# Work item:
Write out the data exactly, keeping every line.

== Segment start ==

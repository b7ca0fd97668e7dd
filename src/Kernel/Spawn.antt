-- ===== src/Kernel/Spawn.antt =====
-- tasking/scheduler.rs: `create_user_task` and `spawn_user_with_arguments_and_fds`.
pub mod Keeping
pub mod Destroyed
use mathlib.Core.Option
use leaf_os_alpha.Base.{
  ℕ, ◌+◌, Bool, true, false, ◌&&◌, Option, none, some, List, [], ◌∷◌, if◌then◌else◌, ltb, leb,
  is_none, position, slot, number, Result, ok, err, word,
}
use leaf_os_alpha.Fd.{Store, initial_table}
use leaf_os_alpha.Scheduler.Task.{
  Task, SchedulerError, full, task_id_exhausted, invalid_context, invalid_fd, invalid_user_context,
  address_space_cleanup, UserContext, UserContextError, UserTask,
}
use leaf_os_alpha.Scheduler.Ops.{put_task, has_id}
use leaf_os_alpha.Scheduler.Lifecycle.{
  NewStack, create_task_stack, check_task_capacity, new_task, current_task,
}
use leaf_os_alpha.Kernel.Table.{Table, FdMapping, clone_all, close_all, inherit_fds}
use leaf_os_alpha.Kernel.Calls.{Kernel, with_store}

-- What is left in the caller's `Option<AddressSpace>`, with the result and the kernel.
abbrev pub Spawned : Type 0 → Type 0 → Type 0
Spawned Space Disk = Result ℕ SchedulerError × Option Space × Kernel Space Disk

module _ {Space : Type 0} where
  -- The table that a child gets to begin with: its parent's, if there is such a task.
  abbrev pub table_at : Option ℕ → List (Option (Task Space)) → Option Table
  table_at none tasks = none
  table_at (some i) tasks = Option.map (λ (t : Task Space). t.fds) (slot tasks i)

  abbrev pub parent_table : List (Option (Task Space)) → Option ℕ → Option Table
  parent_table tasks none = none
  parent_table tasks (some parent) = table_at (position (has_id parent) tasks) tasks

module _ {Disk : Type 0} where
  pub first_table : Store Disk → Option Table → Table × Store Disk
  first_table s none = (initial_table, s)
  first_table s (some fds) = (fds, clone_all s fds)

module _ {Space Disk : Type 0} where
  -- The task is put into the free slot; on an invalid descriptor the new table is dropped, and the
  -- address space with it.
  pub place_user :
      Kernel Space Disk
      → Space
      → UserContext
      → Option ℕ
      → NewStack
      → ℕ
      → Bool × Table × Store Disk
      → Spawned Space Disk
  place_user k space context parent stack i (false, fds, s) =
      (err invalid_fd, none, with_store k (close_all s fds))
  place_user k space context parent stack i (true, fds, s) =
      let id = k.scheduler.next_id in
      let user : UserTask Space = record {
        address_space = space;
        context = context;
        syscall_user_rsp = 0;
      } in
      let t : Task Space =
        new_task id stack.context parent none (some user) (some stack.words) (some stack.top) in
      (
        ok id,
        none,
        record {
          scheduler = record (put_task i (record t { fds = fds }) k.scheduler) { next_id = id + 1 };
          store = s;
        },
      )

  pub take_space :
      Kernel Space Disk
      → Option Space
      → UserContext
      → Option ℕ
      → List FdMapping
      → List ℕ
      → ℕ
      → Result NewStack SchedulerError
      → Spawned Space Disk
  unfolding place_user first_table
  take_space k space context parent mappings closes i (err e) = (err e, space, k)
  take_space k none context parent mappings closes i (ok stack) = (err invalid_context, none, k)
  take_space k (some space) context parent mappings closes i (ok stack) =
      let (fds, s) = first_table k.store (parent_table k.scheduler.tasks parent) in
      place_user k space context parent stack i (inherit_fds s fds mappings closes)

  pub create_user_at :
      Kernel Space Disk
      → Option Space
      → UserContext
      → Option ℕ
      → List FdMapping
      → List ℕ
      → ℕ
      → ℕ
      → Result ℕ SchedulerError
      → Spawned Space Disk
  unfolding take_space
  create_user_at k space context parent mappings closes trampoline base (err e) = (err e, space, k)
  create_user_at k space context parent mappings closes trampoline base (ok i) =
      if ltb (k.scheduler.next_id + 1) word
      then take_space k space context parent mappings closes i (create_task_stack trampoline base)
      else (err task_id_exhausted, space, k)

  -- `trampoline` and `base` as for `create_task_stack`.
  pub create_user_task :
      Kernel Space Disk
      → Option Space
      → UserContext
      → Option ℕ
      → List FdMapping
      → List ℕ
      → ℕ
      → ℕ
      → Spawned Space Disk
  unfolding create_user_at
  create_user_task k space context parent mappings closes trampoline base =
      create_user_at k space context parent mappings closes trampoline base
        (check_task_capacity k.scheduler)

-- `AddressSpace::destroy` tells whether it succeeded, and what it leaves, which is dropped.
module _ {Space : Type 0} (destroy : Space → Bool × Space) where
  -- `destroy_unspawned_address_space`, then the error; with it stand the spaces that `destroy` took apart
  -- with success.
  pub give_up : SchedulerError → Option Space → Result ℕ SchedulerError × List Space
  give_up e none = (err e, [])
  give_up e (some space) =
      if (destroy space).0 then (err e, space ∷ []) else (err address_space_cleanup, [])

module _ {Space Disk : Type 0} (destroy : Space → Bool × Space) where
  pub finish_spawn : Spawned Space Disk → Result ℕ SchedulerError × List Space × Kernel Space Disk
  unfolding give_up
  finish_spawn (ok id, space, k) = (ok id, [], k)
  finish_spawn (err e, space, k) = let (r, destroyed) = give_up destroy e space in (r, destroyed, k)

  pub spawn_checked :
      Kernel Space Disk
      → Space
      → List FdMapping
      → List ℕ
      → ℕ
      → ℕ
      → Result UserContext UserContextError
      → Result ℕ SchedulerError × List Space × Kernel Space Disk
  unfolding finish_spawn give_up
  spawn_checked k space mappings closes trampoline base (err e) =
      let (r, destroyed) = give_up destroy (invalid_user_context e) (some space) in
      (r, destroyed, k)
  spawn_checked k space mappings closes trampoline base (ok context) =
      let s = k.scheduler in
      let created =
        create_user_task k (some space) context (current_task s) mappings closes trampoline base in
      finish_spawn (
        if is_none s.idle_index && leb (number is_none s.tasks) 1
        then (err full, some space, k)
        else created)

  -- `check` is `UserContext::for_address_space_with_arguments` for the entry, stack and arguments.
  -- The spaces that were destroyed with success stand with the result.
  pub spawn_user :
      (Space → Result UserContext UserContextError)
      → Kernel Space Disk
      → Space
      → List FdMapping
      → List ℕ
      → ℕ
      → ℕ
      → Result ℕ SchedulerError × List Space × Kernel Space Disk
  unfolding spawn_checked
  spawn_user check k space mappings closes trampoline base =
      spawn_checked k space mappings closes trampoline base (check space)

== Segment end ==

# Output below:
repository b7ca0fd97668e7dd
filename src/Kernel/Spawn.antt
-- ===== src/Kernel/Spawn.antt =====
-- tasking/scheduler.rs: `create_user_task` and `spawn_user_with_arguments_and_fds`.
pub mod Keeping
pub mod Destroyed
use mathlib.Core.Option
use leaf_os_alpha.Base.{
  ℕ, ◌+◌, Bool, true, false, ◌&&◌, Option, none, some, List, [], ◌∷◌, if◌then◌else◌, ltb, leb,
  is_none, position, slot, number, Result, ok, err, word,
}
use leaf_os_alpha.Fd.{Store, initial_table}
use leaf_os_alpha.Scheduler.Task.{
  Task, SchedulerError, full, task_id_exhausted, invalid_context, invalid_fd, invalid_user_context,
  address_space_cleanup, UserContext, UserContextError, UserTask,
}
use leaf_os_alpha.Scheduler.Ops.{put_task, has_id}
use leaf_os_alpha.Scheduler.Lifecycle.{
  NewStack, create_task_stack, check_task_capacity, new_task, current_task,
}
use leaf_os_alpha.Kernel.Table.{Table, FdMapping, clone_all, close_all, inherit_fds}
use leaf_os_alpha.Kernel.Calls.{Kernel, with_store}

-- What is left in the caller's `Option<AddressSpace>`, with the result and the kernel.
abbrev pub Spawned : Type 0 → Type 0 → Type 0
Spawned Space Disk = Result ℕ SchedulerError × Option Space × Kernel Space Disk

module _ {Space : Type 0} where
  -- The table that a child gets to begin with: its parent's, if there is such a task.
  abbrev pub table_at : Option ℕ → List (Option (Task Space)) → Option Table
  table_at none tasks = none
  table_at (some i) tasks = Option.map (λ (t : Task Space). t.fds) (slot tasks i)

  abbrev pub parent_table : List (Option (Task Space)) → Option ℕ → Option Table
  parent_table tasks none = none
  parent_table tasks (some parent) = table_at (position (has_id parent) tasks) tasks

module _ {Disk : Type 0} where
  pub first_table : Store Disk → Option Table → Table × Store Disk
  first_table s none = (initial_table, s)
  first_table s (some fds) = (fds, clone_all s fds)

module _ {Space Disk : Type 0} where
  -- The task is put into the free slot; on an invalid descriptor the new table is dropped, and the
  -- address space with it.
  pub place_user :
      Kernel Space Disk
      → Space
      → UserContext
      → Option ℕ
      → NewStack
      → ℕ
      → Bool × Table × Store Disk
      → Spawned Space Disk
  place_user k space context parent stack i (false, fds, s) =
      (err invalid_fd, none, with_store k (close_all s fds))
  place_user k space context parent stack i (true, fds, s) =
      let id = k.scheduler.next_id in
      let user : UserTask Space = record {
        address_space = space;
        context = context;
        syscall_user_rsp = 0;
      } in
      let t : Task Space =
        new_task id stack.context parent none (some user) (some stack.words) (some stack.top) in
      (
        ok id,
        none,
        record {
          scheduler = record (put_task i (record t { fds = fds }) k.scheduler) { next_id = id + 1 };
          store = s;
        },
      )

  pub take_space :
      Kernel Space Disk
      → Option Space
      → UserContext
      → Option ℕ
      → List FdMapping
      → List ℕ
      → ℕ
      → Result NewStack SchedulerError
      → Spawned Space Disk
  unfolding place_user first_table
  take_space k space context parent mappings closes i (err e) = (err e, space, k)
  take_space k none context parent mappings closes i (ok stack) = (err invalid_context, none, k)
  take_space k (some space) context parent mappings closes i (ok stack) =
      let (fds, s) = first_table k.store (parent_table k.scheduler.tasks parent) in
      place_user k space context parent stack i (inherit_fds s fds mappings closes)

  pub create_user_at :
      Kernel Space Disk
      → Option Space
      → UserContext
      → Option ℕ
      → List FdMapping
      → List ℕ
      → ℕ
      → ℕ
      → Result ℕ SchedulerError
      → Spawned Space Disk
  unfolding take_space
  create_user_at k space context parent mappings closes trampoline base (err e) = (err e, space, k)
  create_user_at k space context parent mappings closes trampoline base (ok i) =
      if ltb (k.scheduler.next_id + 1) word
      then take_space k space context parent mappings closes i (create_task_stack trampoline base)
      else (err task_id_exhausted, space, k)

  -- `trampoline` and `base` as for `create_task_stack`.
  pub create_user_task :
      Kernel Space Disk
      → Option Space
      → UserContext
      → Option ℕ
      → List FdMapping
      → List ℕ
      → ℕ
      → ℕ
      → Spawned Space Disk
  unfolding create_user_at
  create_user_task k space context parent mappings closes trampoline base =
      create_user_at k space context parent mappings closes trampoline base
        (check_task_capacity k.scheduler)

-- `AddressSpace::destroy` tells whether it succeeded, and what it leaves, which is dropped.
module _ {Space : Type 0} (destroy : Space → Bool × Space) where
  -- `destroy_unspawned_address_space`, then the error; with it stand the spaces that `destroy` took apart
  -- with success.
  pub give_up : SchedulerError → Option Space → Result ℕ SchedulerError × List Space
  give_up e none = (err e, [])
  give_up e (some space) =
      if (destroy space).0 then (err e, space ∷ []) else (err address_space_cleanup, [])

module _ {Space Disk : Type 0} (destroy : Space → Bool × Space) where
  pub finish_spawn : Spawned Space Disk → Result ℕ SchedulerError × List Space × Kernel Space Disk
  unfolding give_up
  finish_spawn (ok id, space, k) = (ok id, [], k)
  finish_spawn (err e, space, k) = let (r, destroyed) = give_up destroy e space in (r, destroyed, k)

  pub spawn_checked :
      Kernel Space Disk
      → Space
      → List FdMapping
      → List ℕ
      → ℕ
      → ℕ
      → Result UserContext UserContextError
      → Result ℕ SchedulerError × List Space × Kernel Space Disk
  unfolding finish_spawn give_up
  spawn_checked k space mappings closes trampoline base (err e) =
      let (r, destroyed) = give_up destroy (invalid_user_context e) (some space) in
      (r, destroyed, k)
  spawn_checked k space mappings closes trampoline base (ok context) =
      let s = k.scheduler in
      let created =
        create_user_task k (some space) context (current_task s) mappings closes trampoline base in
      finish_spawn (
        if is_none s.idle_index && leb (number is_none s.tasks) 1
        then (err full, some space, k)
        else created)

  -- `check` is `UserContext::for_address_space_with_arguments` for the entry, stack and arguments.
  -- The spaces that were destroyed with success stand with the result.
  pub spawn_user :
      (Space → Result UserContext UserContextError)
      → Kernel Space Disk
      → Space
      → List FdMapping
      → List ℕ
      → ℕ
      → ℕ
      → Result ℕ SchedulerError × List Space × Kernel Space Disk
  unfolding spawn_checked
  spawn_user check k space mappings closes trampoline base =
      spawn_checked k space mappings closes trampoline base (check space)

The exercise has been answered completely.